Ruth Guimarães
Tocaram certa vez os sinos, em desatinado alvoroço, quando os homens empedernidos da minha terra bateram nuns missionários. Um deles foi empurrado, a outro deram-lhe um pontapé. O religioso caiu, sem dizer palavra. Apenas olhou para o céu, tomando-o como testemunha de tamanha iniqüidade. Justamente nesse momento, o sino desandou a badalar. Os homens entrepararam indecisos. Não fosse aparecer alguém com a idéia de quem em padre só se bate da coroa para cima. Subiram a torre, para ver quem tocava, e na torre não estava ninguém. O repicar não se fazia mais ouvir, mas a corda do sino ainda balançava de leve. Talvez o vento. Esse diabo desse sino enfeitiçado, resmungou um deles.
Foram para casa, silenciosos, mas muito silenciosos mesmo, além disso com uma certa pressa.

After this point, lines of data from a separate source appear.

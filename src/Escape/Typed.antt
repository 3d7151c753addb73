-- ===== src/Escape/Typed.antt =====
-- vgseer/vgseer.c: what the loop of `escape_filename` writes continues a word of the reader.
use mathlib.Core.List.{append_assoc, append-nil}
use viewglob.Base.{
  ℕ, ◌≡◌, refl, sym, ap, ◌∙◌, Bool, true, false, not, ◌&&◌, List, [], ◌∷◌, ◌++◌, some, Bytes, ◌==◌,
  leb, inl, inr, Bool-cases, arith,
}
use viewglob.Escape.{is_in, special, escape}
use viewglob.Escape.Reader.{Token, Reader, metacharacters, leads, longer, read_byte, read_bytes}

all_in : Bytes → Bytes → Bool
all_in [] ys = true
all_in (x ∷ xs) ys = is_in x ys && all_in xs ys

and_first : (a b : Bool) → (a && b) ≡ true → a ≡ true
and_first true b h = refl
and_first false b h = cc h

pub and_second : (a b : Bool) → (a && b) ≡ true → b ≡ true
and_second true b h = h
and_second false b h = cc h

in_all : (c : ℕ) (xs ys : Bytes) → all_in xs ys ≡ true → is_in c ys ≡ false → is_in c xs ≡ false
unfolding all_in
in_all c [] ys h k = refl
in_all c (x ∷ xs) ys h k = elim (Bool-cases (c == x)) [
  | inl y ↦
      let e : c ≡ x = ground arith in
      cc (sym k ∙ ap (λ b. is_in b ys) e ∙ and_first (is_in x ys) (all_in xs ys) h)
  | inr n ↦ rw n (in_all c xs ys (and_second (is_in x ys) (all_in xs ys) h) k)
]

plain : (c : ℕ) → is_in c special ≡ false → is_in c metacharacters ≡ false
unfolding all_in
plain c h = in_all c metacharacters special refl h

plain_backslash_or_blank : (c : ℕ) → is_in c special ≡ false → is_in c (92 ∷ 32 ∷ 9 ∷ []) ≡ false
unfolding all_in
plain_backslash_or_blank c h = in_all c (92 ∷ 32 ∷ 9 ∷ []) special refl h

-- A line feed, a vertical tab, a form feed or a carriage return.
abbrev pub parts_lines : ℕ → Bool
parts_lines c = leb 10 c && leb c 13

abbrev pub is_one_line : Bytes → Bool
is_one_line [] = true
is_one_line (c ∷ cs) = not (parts_lines c) && is_one_line cs

-- A byte as it is typed continues the word.
pub escaped_byte :
    (c : ℕ) (cs : Bytes) (s : Reader)
    → s.quoted ≡ false
    → parts_lines c ≡ false
    → leads c s.partial ≡ false
    → read_bytes (escape true (c ∷ cs)) s ≡ read_bytes (escape true cs) (longer c s)
escaped_byte c cs s q b l = elim (Bool-cases (is_in c special)) [
  | inl y ↦ rw y (ap (read_bytes (escape true cs)) quoted)
  | inr n ↦ rw n (ap (read_bytes (escape true cs)) (unquoted n))
]
  where
    quoted : read_byte c (read_byte 92 s) ≡ longer c s
    quoted = ground arith

    unquoted : is_in c special ≡ false → read_byte c s ≡ longer c s
    unquoted n = ground (arith, plain c n, plain_backslash_or_blank c n)

pub escaped_name :
    (cs w : Bytes) (d : List Token)
    → is_one_line cs ≡ true
    → read_bytes (escape true cs) (record { quoted = false; partial = some w; done = d })
      ≡ record { quoted = false; partial = some (w ++ cs); done = d }
escaped_name [] w d h =
    ap (λ (v : Bytes). record { quoted = false; partial = some v; done = d }) (sym (append-nil w))
escaped_name (c ∷ cs) w d h =
    escaped_byte c cs _ refl (ground arith) refl
    ∙ escaped_name cs (w ++ c ∷ []) d (and_second _ _ h)
    ∙ ap (λ (v : Bytes). record { quoted = false; partial = some v; done = d })
        (append_assoc w (c ∷ []) cs)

No lugar onde o sacerdote caíra diz que nunca mais caiu uma gota de chuva. Foi o preço do pontapé. Lá não chove mesmo, eu vi. Foi construído por cima do lugar uma espécie de galpão. Os padres que, depois, pela cidade passaram em rápida sucessão, sem se demorar muito nenhum deles, eram todos silenciosos, exigentes, com feições de fanáticos e a boca cheia de maldições. Padre Antonio aparecia somente durante as festas, para ajudar. Muito magro, muito alto, muito pálido, muito curvado, tinha qualquer coisa que impressionava na linha obstinada da boca de lábios finos, cerrados. Era colérico. Foi uma debandada geral na fila da confissão, no dia em que ele, às tantas, saiu do confessionário e destemperou: “Fale mal do governo! que falar mal do governo não é pecado!”
Areias, uma das cidades mortas de Lobato, é quieta, as ruas silenciosas têm um ar antigo, abandonado. À noite, depois das nove, nem uma alma cruza o velho largo. As escadarias sobem, num cansaço infinito, até a igreja. Lá assistiu padre Antonio durante uns cinqüenta anos.